The expected output is every line from the one containing "unfolding put_and_ack fail_attempt is_put" to the end of the data below, exactly, and no other line.
-------
-- ===== src/Ledger/Delivered.antt =====
-- What the pump promises (server/services/delegated-results.ts): a message for each receipt.
use velarix_bot.Prelude.{
  ℕ, String, Bool, true, false, Option, none, some, ===_iff, ===_refl, ◌≡◌, refl, arith, inl, inr,
  Option-cases,
}
use velarix_bot.Prelude.Dict.{get, get-set}
use velarix_bot.Ledger.Canonical.{Node}
use velarix_bot.Ledger.Rows.{Delivery, Ledger, Result, ok, err}
use velarix_bot.Ledger.Deliveries.{claim, default_claim_lease_ms, is_delivered}
use velarix_bot.Ledger.Receipts.{Messages, ack}
use velarix_bot.Ledger.Calls.{publishes, step}
use velarix_bot.Ledger.Schema.{Accepted, legal_transition}
use velarix_bot.Ledger.Kept.{step-Accepted}
use velarix_bot.Ledger.Pump.{
  StoredMessage, Inbox, PutFixedResult, inserted, verified, missing_thread, conflict, put_fixed,
  committed, delivered, System, fail_attempt, publish, project_task_delivery, confirm, put_and_ack,
  deliver_one,
}

-- What was stored or was found to be there.
abbrev pub message_of : Delivery → StoredMessage
message_of d = record { thread_id = d.destination_thread_id; payload = d.payload_json }

unfoldable pub is_put : PutFixedResult → Bool
is_put inserted = true
is_put verified = true
is_put missing_thread = false
is_put (conflict code) = false

pub put-stored :
    (d : Delivery) (inbox : Inbox)
    → is_put (put_fixed d.destination_thread_id d.message_id d.payload_json inbox).1 ≡ true
    → get d.message_id
        (put_fixed d.destination_thread_id d.message_id d.payload_json inbox).0.messages
      ≡ some (message_of d)
unfolding put_fixed is_put
put-stored d inbox h = elim (Option-cases (get d.message_id inbox.messages)) [
  | inl e ↦ grind (arith, get-set, ===_refl)
  | inr (m, e) ↦
      ground (arith, ===_iff m.thread_id d.destination_thread_id, ===_iff m.payload d.payload_json)
]

confirmed :
    (d : Delivery) (token : String) (now : ℕ) (s s' : System) (inbox : Inbox)
    → confirm d token now s inbox ≡ (s', delivered)
    → (s'.inbox ≡ inbox)
      × ((l : Ledger) × (acked : Delivery) × (ack (committed inbox) d.id token now s.ledger
            ≡ (l, ok acked))
          × (s'.ledger ≡ publish (committed inbox) d now l))
unfolding confirm fail_attempt
confirmed d token now s s' inbox e = go (ack (committed inbox) d.id token now s.ledger) refl
  where
    go :
        (r : Ledger × Result Delivery)
        → ack (committed inbox) d.id token now s.ledger ≡ r
        → (s'.inbox ≡ inbox)
          × ((l : Ledger) × (acked : Delivery) × (ack (committed inbox) d.id token now s.ledger
                ≡ (l, ok acked))
              × (s'.ledger ≡ publish (committed inbox) d now l))
    go (l, ok acked) q = (ground arith, (l, acked, q, ground arith))
    go (l, err code) q = absurd (ground arith)

ack-ok :
    (messages : Messages) (id token : String) (now : ℕ) (l l' : Ledger) (d : Delivery)
    → ack messages id token now l ≡ (l', ok d)
    → (get id l'.deliveries ≡ some d) × (is_delivered d.state ≡ true)
unfolding ack
ack-ok messages id token now l l' d e = grind (arith, get-set, ===_refl)

any_node : Node
any_node = record { stringify = λ _. ""; sha256 = λ s. s }

told : Delivery → ℕ → Ledger → Ledger
told d now l = record l { tasks = project_task_delivery (get d.run_id l.runs) now l.tasks }

publish-step :
    (messages : Messages) (d : Delivery) (now : ℕ) (l : Ledger)
    → publish messages d now l ≡ step any_node (told d now l) (publishes messages d.id now)
unfolding publish step told
publish-step messages d now l = refl

stays_delivered :
    (old new : Delivery)
    → is_delivered old.state ≡ true
    → Accepted old new
    → is_delivered new.state ≡ true
stays_delivered old new h a =
    let legal : legal_transition old.state new.state ≡ true = a.transition in ground arith

publish-delivered :
    (messages : Messages) (d acked : Delivery) (now : ℕ) (l : Ledger)
    → get d.id l.deliveries ≡ some acked
    → is_delivered acked.state ≡ true
    → (row : Delivery) × (get d.id (publish messages d now l).deliveries ≡ some row)
      × (is_delivered row.state ≡ true)
unfolding told
publish-delivered messages d acked now l e h =
    let (row, found, a) =
      step-Accepted any_node (told d now l) (publishes messages d.id now) d.id acked e in
    (row, rw (publish-step messages d now l) found, stays_delivered acked row h a)

-- A receipt and its message.
abbrev pub Received : Delivery → System → Type 0
Received d s =
    (get d.message_id s.inbox.messages ≡ some (message_of d))
    × ((row : Delivery) × (get d.id s.ledger.deliveries ≡ some row)
        × (is_delivered row.state ≡ true))

confirm-Received :
    (d : Delivery) (token : String) (now : ℕ) (s s' : System) (inbox : Inbox)
    → confirm d token now s inbox ≡ (s', delivered)
    → get d.message_id inbox.messages ≡ some (message_of d)
    → Received d s'
confirm-Received d token now s s' inbox e m =
    let (same, (l, acked, a, ledger)) = confirmed d token now s s' inbox e in
    let (found, state) = ack-ok (committed inbox) d.id token now s.ledger l acked a in
    (rw same m, rw ledger (publish-delivered (committed inbox) d acked now l found state))

put_and_ack-Received :
    (d : Delivery) (token : String) (now : ℕ) (s s' : System)
    → put_and_ack d token now s ≡ (s', delivered)
    → Received d s'
unfolding put_and_ack fail_attempt is_put
put_and_ack-Received d token now s s' e =
    go (put_fixed d.destination_thread_id d.message_id d.payload_json s.inbox).1 refl
  where
    go :
        (r : PutFixedResult)
        → (put_fixed d.destination_thread_id d.message_id d.payload_json s.inbox).1 ≡ r
        → Received d s'
    go inserted q =
        confirm-Received d token now s s' _ (rw (q, put_and_ack) at e)
          (put-stored d s.inbox (rw q refl))
    go verified q =
        confirm-Received d token now s s' _ (rw (q, put_and_ack) at e)
          (put-stored d s.inbox (rw q refl))
    go missing_thread q = absurd (ground arith)
    go (conflict code) q = absurd (ground arith)

-- An attempt that is reported as delivered has claimed some delivery, and afterwards its row is
-- delivered and its message is stored, with its id, thread and payload.
pub deliver_one_receipt :
    (token owner : String) (now : ℕ) (s s' : System)
    → deliver_one token owner now s ≡ (s', delivered)
    → (d : Delivery) × ((claim none token owner (some default_claim_lease_ms) now s.ledger).1
        ≡ ok (some d))
      × Received d s'
unfolding deliver_one
deliver_one_receipt token owner now s s' e =
    go (claim none token owner (some default_claim_lease_ms) now s.ledger).1 refl
  where
    go :
        (r : Result (Option Delivery))
        → (claim none token owner (some default_claim_lease_ms) now s.ledger).1 ≡ r
        → (d : Delivery) × ((claim none token owner (some default_claim_lease_ms) now s.ledger).1
            ≡ ok (some d))
          × Received d s'
    go (err code) q = absurd (ground arith)
    go (ok none) q = absurd (ground arith)
    go (ok (some d)) q = (d, q, put_and_ack-Received d token now _ s' (rw (q, deliver_one) at e))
-------
Answer space —
unfolding put_and_ack fail_attempt is_put
put_and_ack-Received d token now s s' e =
    go (put_fixed d.destination_thread_id d.message_id d.payload_json s.inbox).1 refl
  where
    go :
        (r : PutFixedResult)
        → (put_fixed d.destination_thread_id d.message_id d.payload_json s.inbox).1 ≡ r
        → Received d s'
    go inserted q =
        confirm-Received d token now s s' _ (rw (q, put_and_ack) at e)
          (put-stored d s.inbox (rw q refl))
    go verified q =
        confirm-Received d token now s s' _ (rw (q, put_and_ack) at e)
          (put-stored d s.inbox (rw q refl))
    go missing_thread q = absurd (ground arith)
    go (conflict code) q = absurd (ground arith)

-- An attempt that is reported as delivered has claimed some delivery, and afterwards its row is
-- delivered and its message is stored, with its id, thread and payload.
pub deliver_one_receipt :
    (token owner : String) (now : ℕ) (s s' : System)
    → deliver_one token owner now s ≡ (s', delivered)
    → (d : Delivery) × ((claim none token owner (some default_claim_lease_ms) now s.ledger).1
        ≡ ok (some d))
      × Received d s'
unfolding deliver_one
deliver_one_receipt token owner now s s' e =
    go (claim none token owner (some default_claim_lease_ms) now s.ledger).1 refl
  where
    go :
        (r : Result (Option Delivery))
        → (claim none token owner (some default_claim_lease_ms) now s.ledger).1 ≡ r
        → (d : Delivery) × ((claim none token owner (some default_claim_lease_ms) now s.ledger).1
            ≡ ok (some d))
          × Received d s'
    go (err code) q = absurd (ground arith)
    go (ok none) q = absurd (ground arith)
    go (ok (some d)) q = (d, q, put_and_ack-Received d token now _ s' (rw (q, deliver_one) at e))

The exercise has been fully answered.